All of this changed a few years later one day in college when the movie Diva was shown on campus.  In the scene where “La Diva” and the young man walk around Paris to the haunting melody by Vladimir Cosma (Sentimental Walk) there was something triggered in me; the combination of the tune, with the lonely light and the two characters in their shared isolation…it made me bust out sobbing.  It was the first time I had really cried in 7 or 8 years and something in me said that I shouldn’t let it be the last.

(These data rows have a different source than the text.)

-- ===== src/Expr/Parse/Lexer/Lengths.antt =====
-- crates/gmr-expr/src/parse.rs: how much of the text each method of the lexer leaves.
use gmr.Support.{
  String, ℕ, zero, suc, ◌+◌, ◌≤◌, ◌<◌, List, [], ◌∷◌, ◌++◌, Bool, true, false, ◌||◌, Option, none,
  some, length, ◌≡◌, ◌≢◌, refl, ap, arith, All, if◌then◌else◌, ◌==◌, Bool-cases, Option-cases, inl,
  inr,
}
use gmr.Support.Text.{Text, txt, parse_usize}
use gmr.Json.{Platform}
use gmr.Expr.Ast.{Step, BinOp}
use gmr.Expr.Parse.Lexer.{
  Parsed, parsed, syntax_error, out_of_fuel, bind_parsed, Parser, span, strip, quoted_rest, quoted,
  skip_space, eaten, ident, first_of, level, operator, unit_of, numeral, numbered, number,
  field_step, index_step, step, step_then, steps_loop, steps, expect, spaces, open_quote,
  call_arg_string, is_ident, is_digit,
}

-- The run kept within its fuel, and leaves less than `n` characters if it has a result.
pub data Under {ℓ} {A : Type ℓ} (n : ℕ) : Parsed A → Type ℓ where
  leaves : {a : A} {rest : Text} → length rest < n → Under n (parsed a rest)
  refuses : {m : Text} → Under n (syntax_error m)

module _ {ℓ} {A : Type ℓ} where
  pub Under-ne-out_of_fuel : {n : ℕ} {r : Parsed A} → Under n r → r ≢ out_of_fuel
  Under-ne-out_of_fuel (leaves h) = cc
  Under-ne-out_of_fuel refuses = cc

  pub Under-le : {m n : ℕ} {r : Parsed A} → m ≤ n → Under m r → Under n r
  Under-le le (leaves h) = leaves (omega arith)
  Under-le le refuses = refuses

  pub Under-if :
      {n : ℕ} (b : Bool) (x y : Parsed A)
      → (b ≡ true → Under n x)
      → (b ≡ false → Under n y)
      → Under n (if b then x else y)
  Under-if true x y h k = h refl
  Under-if false x y h k = k refl

  pub Under-bind {κ} :
      {B : Type κ} {m n : ℕ} {r : Parsed A} (f : A → Parser B)
      → Under m r
      → ((a : A) (rest : Text) → length rest < m → Under n (f a rest))
      → Under n (bind_parsed r f)
  Under-bind f (leaves {a} {rest} h) k = k a rest h
  Under-bind f refuses k = refuses

pub span-le : (p : ℕ → Bool) (ts : Text) → length (span p ts).1 ≤ length ts
unfolding span
span-le p [] = omega arith
span-le p (c ∷ ts) = ground (arith, span-le p ts)

pub span-lt :
    (p : ℕ → Bool) (c : ℕ) (ts : Text) → p c ≡ true → length (span p (c ∷ ts)).1 ≤ length ts
unfolding span
span-lt p c ts h = ground (arith, span-le p ts)

strip-length :
    (token ts rest : Text) → strip token ts ≡ some rest → length ts ≡ length token + length rest
unfolding strip
strip-length [] ts rest h = ground arith
strip-length (c ∷ token) [] rest h = cc
strip-length (c ∷ token) (d ∷ ts) rest h = ground (arith, strip-length token ts rest)

quoted_rest-Under : (out ts : Text) → Under (suc (length ts)) (quoted_rest out ts)
unfolding quoted_rest
quoted_rest-Under out [] = refuses
quoted_rest-Under out (c ∷ ts) =
    Under-if (c == b'"') _ _ (λ _. leaves (omega arith))
      λ _. Under-le (omega arith) (quoted_rest-Under (out ++ c ∷ []) ts)

pub quoted-Under : (c : ℕ) (ts : Text) → Under (length (c ∷ ts)) (quoted (c ∷ ts))
unfolding quoted
quoted-Under c ts = quoted_rest-Under [] ts

module _ ⦃host : Platform⦄ where
  pub skip_space-le : (ts : Text) → length (skip_space ts) ≤ length ts
  unfolding skip_space
  skip_space-le ts = span-le host.is_whitespace ts

  -- A token that is there takes its characters.
  pub eaten-length :
      (token : String) (ts rest : Text)
      → eaten token ts ≡ some rest
      → length ts ≡ length (txt token) + length rest
  unfolding eaten
  eaten-length token ts rest h = ground (arith, strip-length (txt token) ts rest)

  pub expect-Under :
      (token : String) (message ts : Text)
      → 0 < length (txt token)
      → Under (length ts) (expect token message ts)
  unfolding expect
  expect-Under token message ts pos = elim (Option-cases (eaten token ts)) [
    | inl e ↦ rw (e, expect) refuses
    | inr (rest, e) ↦ rw (e, expect) (leaves (omega (arith, eaten-length token ts rest e)))
  ]

  pub spaces-Under : (ts : Text) → Under (suc (length ts)) (spaces ts)
  unfolding spaces
  spaces-Under ts = leaves (omega (arith, skip_space-le ts))

  pub ident-Under : (ts : Text) → Under (suc (length ts)) (ident ts)
  unfolding ident
  ident-Under ts = leaves (omega (arith, span-le is_ident ts))

  pub ident-Under_word :
      (c : ℕ) (ts : Text) → is_ident c ≡ true → Under (length (c ∷ ts)) (ident (c ∷ ts))
  unfolding ident
  ident-Under_word c ts h = leaves (omega (arith, span-lt is_ident c ts h))

  -- Every operator of a table has a character.
  abbrev Visible : List (String × BinOp) → Type 0
  Visible table = All (λ (row : String × BinOp). 0 < length (txt row.0)) table

  first_of-lt :
      (table : List (String × BinOp)) (ts : Text) (op : BinOp) (rest : Text)
      → Visible table
      → first_of table ts ≡ some (op, rest)
      → length rest < length ts
  unfolding first_of
  first_of-lt [] ts op rest v h = cc
  first_of-lt ((t, op') ∷ table) ts op rest v h = elim (Option-cases (eaten t ts)) [
    | inl e ↦ first_of-lt table ts op rest v.1 (rw (e, first_of) at h)
    | inr (r, e) ↦
        let first = eaten-length t ts r e in
        let same : r ≡ rest = cc (rw (e, first_of) at h) in
        omega (arith, ap (λ (s : Text). length s) same, v.0)
  ]

  level-Visible : (lv : ℕ) → Visible (level lv)
  level-Visible zero = omega arith
  level-Visible (suc zero) = omega arith
  level-Visible (suc (suc zero)) = omega arith
  level-Visible (suc (suc (suc zero))) = omega arith
  level-Visible (suc (suc (suc (suc n)))) = omega arith

  pub operator-lt :
      (lv : ℕ) (ts : Text) (op : BinOp) (rest : Text)
      → operator lv ts ≡ some (op, rest)
      → length rest < length ts
  unfolding operator
  operator-lt lv ts op rest h = first_of-lt (level lv) ts op rest (level-Visible lv) h

  unit_of-lt :
      (ts : Text) (u : ℕ) (rest : Text) → unit_of ts ≡ some (u, rest) → length rest < length ts
  unfolding unit_of
  unit_of-lt [] u rest h = cc
  unit_of-lt (c ∷ ts) u rest h = ground arith

  numeral-Under :
      (text : Text) (scale : host.F64 → host.F64) (rest : Text) (n : ℕ)
      → length rest < n
      → Under n (numeral text scale rest)
  unfolding numeral
  numeral-Under text scale rest n h = elim (Option-cases (host.parse_f64 text)) [
    | inl e ↦ rw (e, numeral) refuses
    | inr (v, e) ↦ rw (e, numeral) (leaves h)
  ]

  numbered-Under : (text rest : Text) (n : ℕ) → length rest < n → Under n (numbered text rest)
  unfolding numbered
  numbered-Under text rest n h = elim (Option-cases (unit_of rest)) [
    | inl e ↦ rw (e, numbered) (numeral-Under text _ rest n h)
    | inr (u, e) ↦
        rw (e, numbered) (numeral-Under text _ u.1 n (omega (arith, unit_of-lt rest u.0 u.1 e)))
  ]

  pub number-Under :
      (c : ℕ) (ts : Text) → is_digit c ≡ true → Under (length (c ∷ ts)) (number (c ∷ ts))
  unfolding number
  number-Under c ts h =
      let p = λ (d : ℕ). is_digit d || d == b'.' in
      let (text, rest) = span p (c ∷ ts) in
      let shorter : length (span p (c ∷ ts)).1 ≤ length ts = span-lt p c ts (ground arith) in
      numbered-Under text rest (length (c ∷ ts)) (omega arith)

  -- A step takes at least its first character; where there is none, nothing is taken.
  pub data StepUnder (ts : Text) : Parsed (Option Step) → Type 0 where
    no_step : StepUnder ts (parsed none ts)
    a_step :
        {s : Step} {rest : Text} → length rest < length ts → StepUnder ts (parsed (some s) rest)
    refused : {m : Text} → StepUnder ts (syntax_error m)

  field_step-StepUnder :
      (c : ℕ) (ts : Text) (read : Text × Text)
      → length read.1 ≤ length ts
      → StepUnder (c ∷ ts) (field_step read)
  unfolding field_step
  field_step-StepUnder c ts ([], rest) h = refused
  field_step-StepUnder c ts (d ∷ name, rest) h = a_step (omega arith)

  index_step-StepUnder :
      (c : ℕ) (ts : Text) (read : Text × Text)
      → length read.1 ≤ length ts
      → StepUnder (c ∷ ts) (index_step read)
  unfolding index_step
  index_step-StepUnder c ts (digits, rest) h = elim (Option-cases (eaten "]" rest)) [
    | inl e ↦ rw (e, index_step) refused
    | inr (after, e) ↦ elim (Option-cases (parse_usize digits)) [
      | inl q ↦ rw (e, q, index_step) refused
      | inr (i, q) ↦ rw (e, q, index_step) (a_step (omega (arith, eaten-length "]" rest after e)))
    ]
  ]

  step-StepUnder : (ts : Text) → StepUnder ts (step ts)
  unfolding step
  step-StepUnder [] = no_step
  step-StepUnder (c ∷ ts) = elim (Bool-cases (c == b'.')) [
    | inl e ↦ rw e (field_step-StepUnder c ts _ (span-le is_ident ts))
    | inr e ↦ elim (Bool-cases (c == b'[')) [
      | inl q ↦ rw (e, q) (index_step-StepUnder c ts _ (span-le is_digit ts))
      | inr q ↦ rw (e, q) no_step
    ]
  ]

  steps_then-Under :
      (f : ℕ) (out : List Step) (ts : Text) (read : Parsed (Option Step))
      → ((out' : List Step) (rest : Text)
          → length rest < length ts
          → Under (suc (length rest)) (steps_loop f out' rest))
      → StepUnder ts read
      → Under (suc (length ts)) (bind_parsed read λ s. step_then s (steps_loop f) out)
  unfolding step_then
  steps_then-Under f out ts read k no_step = leaves (omega arith)
  steps_then-Under f out ts read k (a_step {s} {rest} h) =
      Under-le (omega arith) (k (out ++ s ∷ []) rest h)
  steps_then-Under f out ts read k refused = refuses

  steps_loop-Under :
      (f : ℕ) (out : List Step) (ts : Text)
      → length ts < f
      → Under (suc (length ts)) (steps_loop f out ts)
  unfolding steps_loop
  steps_loop-Under zero out ts h = absurd (omega arith)
  steps_loop-Under (suc f) out ts h =
      steps_then-Under f out ts (step ts)
        (λ out' rest lt. steps_loop-Under f out' rest (omega arith)) (step-StepUnder ts)

  pub steps-Under : (ts : Text) → Under (suc (length ts)) (steps ts)
  unfolding steps
  steps-Under ts = steps_loop-Under (suc (length ts)) [] ts (omega arith)

  open_quote-Under : (message ts : Text) → Under (length ts) (open_quote message ts)
  unfolding open_quote
  open_quote-Under message [] = refuses
  open_quote-Under message (c ∷ ts) =
      Under-if (c == b'"') _ _ (λ _. quoted-Under c ts) (λ _. refuses)

  -- `(`, a quoted name and `)`, with spaces between them.
  pub call_arg_string-Under : (name ts : Text) → Under (length ts) (call_arg_string name ts)
  unfolding call_arg_string
  call_arg_string-Under name ts = Under-bind _ (spaces-Under ts) λ _ ts₁ h₁.
      Under-bind _ (expect-Under "(" _ ts₁ (omega arith)) λ _ ts₂ h₂.
        Under-bind _ (spaces-Under ts₂) λ _ ts₃ h₃.
          Under-bind _ (open_quote-Under _ ts₃) λ arg ts₄ h₄.
            Under-bind _ (spaces-Under ts₄) λ _ ts₅ h₅.
              Under-bind _ (expect-Under ")" _ ts₅ (omega arith))
                λ _ ts₆ h₆. leaves {a = arg} {rest = ts₆} (omega arith)
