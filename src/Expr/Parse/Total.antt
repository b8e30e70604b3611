-- ===== src/Expr/Parse/Total.antt =====
-- crates/gmr-expr/src/parse.rs: the fuel that `parse` hands out is enough for every text.
use gmr.Support.{
  String, ℕ, zero, suc, ◌+◌, ◌*◌, ◌≤◌, ◌<◌, [], ◌∷◌, Bool, true, Option, none, some, length, ◌≡◌,
  ◌≢◌, arith, ◌==◌, leb, min, Bool-cases, Option-cases, inl, inr,
}
use gmr.Support.Text.{Text, txt, text_eq}
use gmr.Json.{Platform}
use gmr.Expr.Ast.{
  Quant, Node, NodeFields, NodeItems, binary, neg, exists, quantified, no_fields, no_items,
  Expression,
}
use gmr.Expr.Parse.Lexer.{
  Parsed, pure, out_of_fuel, bind_parsed, skip_space, eaten, operator, is_digit, is_ident,
}
use gmr.Expr.Parse.Lexer.Lengths.{
  Under, leaves, refuses, Under-ne-out_of_fuel, Under-le, Under-if, Under-bind, skip_space-le,
  eaten-length, expect-Under, spaces-Under, ident-Under, ident-Under_word, operator-lt,
  number-Under, quoted-Under, steps-Under, call_arg_string-Under,
}
use gmr.Expr.Parse.{
  Word, constant, changed_word, exists_word, quant_word, root_word, unknown_word, classify,
  field_name, fresh, closing, collection_word, not_ended, closed, add_field, add_item, has_field,
  no_fields_yet, no_items_yet, closed_after, skip_expect, expr, operators, unary, atom, atom_at,
  object, object_goes_on, array, array_goes_on, word, word_of, quantified_by, whole, parse_from,
  parse, enough,
}

module _ ⦃host : Platform⦄ where
  skip_expect-Under :
      (token : String) (message ts : Text)
      → 0 < length (txt token)
      → Under (length ts) (skip_expect token message ts)
  unfolding skip_expect
  skip_expect-Under token message ts pos =
      Under-bind _ (spaces-Under ts)
        λ _ rest h. Under-le (omega arith) (expect-Under token message rest pos)

  closed_after-Under :
      (message : Text) (inner : Expression) (ts : Text)
      → Under (length ts) (closed_after message inner ts)
  unfolding closed_after
  closed_after-Under message inner ts = Under-bind _ (spaces-Under ts) λ _ rest h.
      Under-bind _ (expect-Under ")" message rest (omega arith))
        λ _ after k. leaves {rest = after} (omega arith)

  field_name-Under : (ts : Text) → Under (length ts) (field_name ts)
  unfolding field_name
  field_name-Under [] = refuses
  field_name-Under (c ∷ ts) =
      Under-if (c == b'"') _ _ (λ _. quoted-Under c ts)
        λ _. Under-if (is_ident c) _ _ (λ h. ident-Under_word c ts h) (λ _. refuses)

  fresh-Under :
      (name : Text) (out : NodeFields host.Number) (ts : Text)
      → Under (suc (length ts)) (fresh name out ts)
  unfolding fresh
  fresh-Under name out ts = elim (Bool-cases (has_field name out)) [
    | inl e ↦ rw (e, fresh) refuses
    | inr e ↦ rw (e, fresh) (leaves (omega arith))
  ]

  closing-Under :
      (first : Bool) (token : String) (message ts : Text)
      → Under (suc (length ts)) (closing first token message ts)
  unfolding closing
  closing-Under first token message ts =
      let spaced = skip_space ts in
      let shorter : length (skip_space ts) ≤ length ts = skip_space-le ts in
      elim (Option-cases (eaten token spaced)) [
        | inr (rest, e) ↦ rw (e, closing) (leaves (omega (arith, eaten-length token spaced rest e)))
        | inl e ↦
            rw (e, closing)
              (Under-if first _ _ (λ _. leaves (omega arith))
                λ _. elim (Option-cases (eaten "," spaced)) [
                  | inl q ↦ rw (q, closing) refuses
                  | inr (rest, q) ↦
                      let comma = eaten-length "," spaced rest q in
                      let again : length (skip_space rest) ≤ length rest = skip_space-le rest in
                      elim (Option-cases (eaten token (skip_space rest))) [
                        | inl r ↦ rw (q, r, closing) (leaves (omega arith))
                        | inr (after, r) ↦
                            rw (q, r, closing)
                              (leaves (omega (arith, eaten-length token (skip_space rest) after r)))
                      ]
                ])
      ]

  collection_word-Under : (named w ts : Text) → Under (suc (length ts)) (collection_word named w ts)
  unfolding collection_word
  collection_word-Under named w ts = elim (Bool-cases (text_eq w (txt "anchors"))) [
    | inl e ↦ rw (e, collection_word) (leaves (omega arith))
    | inr e ↦ rw (e, collection_word) refuses
  ]

  not_ended-Under : (message ts : Text) → Under (suc (length ts)) (not_ended message ts)
  unfolding not_ended
  not_ended-Under message [] = refuses
  not_ended-Under message (c ∷ ts) = leaves (omega arith)

  prefixed-Under :
      {m n : ℕ} {read : Parsed Expression} (made : Expression → Expression)
      → m < n
      → Under m read
      → Under n (bind_parsed read λ x. pure (made x))
  prefixed-Under made lt under = Under-bind _ under λ x rest h. leaves (omega arith)

  -- What each method leaves, with fourteen units of fuel for each character that it is given and
  -- as many more as there are calls before one that takes a character.
  mutual
    unfolding expr operators unary atom atom_at object object_goes_on array array_goes_on word
        word_of quantified_by closed

    expr-Under :
        (f lv : ℕ) (ts : Text)
        → 14 * length ts + 11 < f + min lv 5
        → Under (length ts) (expr f lv ts)
    expr-Under zero lv ts h = absurd (omega arith)
    expr-Under (suc f) lv ts h = elim (Bool-cases (leb 5 lv)) [
      | inl e ↦ rw e (unary-Under f ts (ground arith))
      | inr e ↦ rw e (
          Under-bind (operators f lv) (expr-Under f (lv + 1) ts (ground arith))
            λ lhs rest k. Under-le (omega arith) (operators-Under f lv lhs rest (ground arith)))
    ]

    operators-Under :
        (f lv : ℕ) (lhs : Expression) (ts : Text)
        → 14 * length ts + 12 < f
        → Under (suc (length ts)) (operators f lv lhs ts)
    operators-Under zero lv lhs ts h = absurd (omega arith)
    operators-Under (suc f) lv lhs ts h =
        let shorter : length (skip_space ts) ≤ length ts = skip_space-le ts in
        elim (Option-cases (operator lv (skip_space ts))) [
          | inl e ↦ rw (e, operators) (leaves (omega arith))
          | inr ((op, rest), e) ↦
              let taken = operator-lt lv (skip_space ts) op rest e in
              let again : length (skip_space rest) ≤ length rest = skip_space-le rest in
              rw (e, operators)
                (Under-bind _ (expr-Under f (lv + 1) (skip_space rest) (omega arith)) λ rhs after k.
                  Under-le (omega arith)
                    (operators-Under f lv (binary op lhs rhs) after (omega arith)))
        ]

    unary-Under : (f : ℕ) (ts : Text) → 14 * length ts + 5 < f → Under (length ts) (unary f ts)
    unary-Under zero ts h = absurd (omega arith)
    unary-Under (suc f) ts h =
        let shorter : length (skip_space ts) ≤ length ts = skip_space-le ts in
        elim (Option-cases (eaten "not" (skip_space ts))) [
          | inr (rest, e) ↦
              let taken = eaten-length "not" (skip_space ts) rest e in
              let again : length (skip_space rest) ≤ length rest = skip_space-le rest in
              rw (e, unary)
                (prefixed-Under (λ x. Node.not x) (omega arith)
                  (unary-Under f (skip_space rest) (omega arith)))
          | inl e ↦ elim (Option-cases (eaten "-" (skip_space ts))) [
            | inr (rest, q) ↦
                let taken = eaten-length "-" (skip_space ts) rest q in
                let again : length (skip_space rest) ≤ length rest = skip_space-le rest in
                rw (e, q, unary)
                  (prefixed-Under (λ x. neg x) (omega arith)
                    (unary-Under f (skip_space rest) (omega arith)))
            | inl q ↦
                rw (e, q, unary)
                  (Under-le (omega arith) (atom-Under f (skip_space ts) (omega arith)))
          ]
        ]

    atom-Under : (f : ℕ) (ts : Text) → 14 * length ts + 4 < f → Under (length ts) (atom f ts)
    atom-Under zero ts h = absurd (omega arith)
    atom-Under (suc f) ts h =
        let shorter : length (skip_space ts) ≤ length ts = skip_space-le ts in
        Under-le shorter (atom_at-Under f (skip_space ts) (omega arith))

    atom_at-Under : (f : ℕ) (ts : Text) → 14 * length ts + 3 < f → Under (length ts) (atom_at f ts)
    atom_at-Under zero ts h = absurd (omega arith)
    atom_at-Under (suc f) [] h = refuses
    atom_at-Under (suc f) (c ∷ ts) h =
        Under-if (c == b'(') _ _
          (λ _.
            Under-bind closed (expr-Under f 0 ts (omega arith))
              λ x rest k. Under-le (omega arith) (closed_after-Under _ x rest))
          λ _.
            Under-if (c == b'{') _ _ (λ _. object-Under f no_fields ts (omega arith))
              λ _.
                Under-if (c == b'[') _ _ (λ _. array-Under f no_items ts (omega arith))
                  λ _.
                    Under-if (c == b'"') _ _
                      (λ _. Under-bind _ (quoted-Under c ts) λ s rest k. leaves (omega arith))
                      λ _.
                        Under-if (is_digit c) _ _ (λ d. number-Under c ts d)
                          λ _.
                            Under-if (is_ident c) _ _ (λ d. word-Under f c ts d (omega arith))
                              λ _. refuses

    object-Under :
        (f : ℕ) (out : NodeFields host.Number) (ts : Text)
        → 14 * length ts + 13 < f
        → Under (suc (length ts)) (object f out ts)
    object-Under zero out ts h = absurd (omega arith)
    object-Under (suc f) out ts h =
        Under-bind _ (closing-Under (no_fields_yet out) "}" _ ts) λ ended rest k.
          Under-le (omega arith) (object_goes_on-Under f out ended rest (omega arith))

    object_goes_on-Under :
        (f : ℕ) (out : NodeFields host.Number) (ended : Option (Unit {0})) (ts : Text)
        → 14 * length ts + 12 < f
        → Under (suc (length ts)) (object_goes_on f out ended ts)
    object_goes_on-Under zero out ended ts h = absurd (omega arith)
    object_goes_on-Under (suc f) out (some ended) ts h = leaves (omega arith)
    object_goes_on-Under (suc f) out none ts h = Under-bind _ (field_name-Under ts) λ name ts₁ h₁.
        Under-bind _ (fresh-Under name out ts₁) λ _ ts₂ h₂.
          Under-bind _ (spaces-Under ts₂) λ _ ts₃ h₃.
            Under-bind _ (expect-Under ":" _ ts₃ (omega arith)) λ _ ts₄ h₄.
              Under-bind _ (expr-Under f 0 ts₄ (omega arith)) λ v ts₅ h₅.
                Under-le (omega arith) (object-Under f (add_field out name v) ts₅ (omega arith))

    array-Under :
        (f : ℕ) (items : NodeItems host.Number) (ts : Text)
        → 14 * length ts + 13 < f
        → Under (suc (length ts)) (array f items ts)
    array-Under zero items ts h = absurd (omega arith)
    array-Under (suc f) items ts h =
        Under-bind _ (closing-Under (no_items_yet items) "]" _ ts) λ ended rest k.
          Under-le (omega arith) (array_goes_on-Under f items ended rest (omega arith))

    array_goes_on-Under :
        (f : ℕ) (items : NodeItems host.Number) (ended : Option (Unit {0})) (ts : Text)
        → 14 * length ts + 12 < f
        → Under (suc (length ts)) (array_goes_on f items ended ts)
    array_goes_on-Under zero items ended ts h = absurd (omega arith)
    array_goes_on-Under (suc f) items (some ended) ts h = leaves (omega arith)
    array_goes_on-Under (suc f) items none ts h = Under-bind _ (not_ended-Under _ ts) λ _ ts₁ h₁.
        Under-bind _ (expr-Under f 0 ts₁ (omega arith))
          λ v ts₂ h₂. Under-le (omega arith) (array-Under f (add_item items v) ts₂ (omega arith))

    word-Under :
        (f c : ℕ) (ts : Text)
        → is_ident c ≡ true
        → 14 * length (c ∷ ts) + 2 < f
        → Under (length (c ∷ ts)) (word f (c ∷ ts))
    word-Under zero c ts d h = absurd (omega arith)
    word-Under (suc f) c ts d h =
        Under-bind _ (ident-Under_word c ts d)
          λ w rest k. Under-le (omega arith) (word_of-Under f w (classify w) rest (omega arith))

    word_of-Under :
        (f : ℕ) (w : Text) (kind : Word) (ts : Text)
        → 14 * length ts + 14 < f
        → Under (suc (length ts)) (word_of f w kind ts)
    word_of-Under zero w kind ts h = absurd (omega arith)
    word_of-Under (suc f) w (constant n) ts h = leaves (omega arith)
    word_of-Under (suc f) w changed_word ts h =
        Under-bind _ (call_arg_string-Under _ ts) λ name rest k. leaves (omega arith)
    word_of-Under (suc f) w exists_word ts h =
        Under-bind _ (skip_expect-Under "(" _ ts (omega arith)) λ _ ts₁ h₁.
          Under-bind _ (expr-Under f 0 ts₁ (omega arith))
            λ x ts₂ h₂. Under-le (omega arith) (closed_after-Under _ (exists x) ts₂)
    word_of-Under (suc f) w (quant_word how) ts h = quantified_by-Under f how ts (omega arith)
    word_of-Under (suc f) w (root_word r) ts h =
        Under-bind _ (steps-Under ts) λ s rest k. leaves (omega arith)
    word_of-Under (suc f) w unknown_word ts h = refuses

    quantified_by-Under :
        (f : ℕ) (how : Quant) (ts : Text)
        → 14 * length ts + 13 < f
        → Under (suc (length ts)) (quantified_by f how ts)
    quantified_by-Under zero how ts h = absurd (omega arith)
    quantified_by-Under (suc f) how ts h =
        Under-bind _ (skip_expect-Under "(" _ ts (omega arith)) λ _ ts₁ h₁.
          Under-bind _ (spaces-Under ts₁) λ _ ts₂ h₂. Under-bind _ (ident-Under ts₂) λ w ts₃ h₃.
            Under-bind _ (collection_word-Under _ w ts₃) λ over ts₄ h₄.
              Under-bind _ (skip_expect-Under "," _ ts₄ (omega arith)) λ _ ts₅ h₅.
                Under-bind _ (expr-Under f 0 ts₅ (omega arith)) λ body ts₆ h₆.
                  Under-le (omega arith) (closed_after-Under _ (quantified how over body) ts₆)

  whole-Under : (node : Expression) (ts : Text) → Under (suc (length ts)) (whole node ts)
  unfolding whole
  whole-Under node [] = leaves (omega arith)
  whole-Under node (c ∷ ts) = refuses

  parse_from-Under : (ts : Text) → Under (suc (length ts)) (parse_from ts)
  unfolding parse_from
  parse_from-Under [] = refuses
  parse_from-Under (c ∷ ts) =
      Under-bind _ (expr-Under (enough (c ∷ ts)) 0 (c ∷ ts) (omega arith)) λ node rest h.
        Under-le (omega (arith, skip_space-le rest)) (whole-Under node (skip_space rest))

  -- Parsing any text gives an expression or an error: the fuel that `parse` hands out never runs out.
  pub parse-ne-out_of_fuel : (source : Text) → parse source ≢ out_of_fuel
  unfolding parse
  parse-ne-out_of_fuel source = Under-ne-out_of_fuel (parse_from-Under (skip_space source))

Having so consciously cut this part of myself off  and then just as consciously reclaiming it, I have thought a great deal about what happens inside me when I cry ever since.  Something happens within all of us when we cry.  I suppose we try to hide it because it can be as intimate yet universal as a sexual orgasm.  It bubbles to the surface, it swells and wells up until it bursts in us and we can’t and don’t want to stop it.  Yet, terrifyingly, it can also feel so much like falling.  There is an uncontrollable feeling of cascading that comes with surrendering to the emotions that bring tears.  But where do we land?  This is the trouble for men.  Our culture doesn’t tell boys and men that it will catch them when they fall down this well of tears.  In so many ways, men are asked to bargain with society in order to justify their emotions and that bargain rarely includes tears. 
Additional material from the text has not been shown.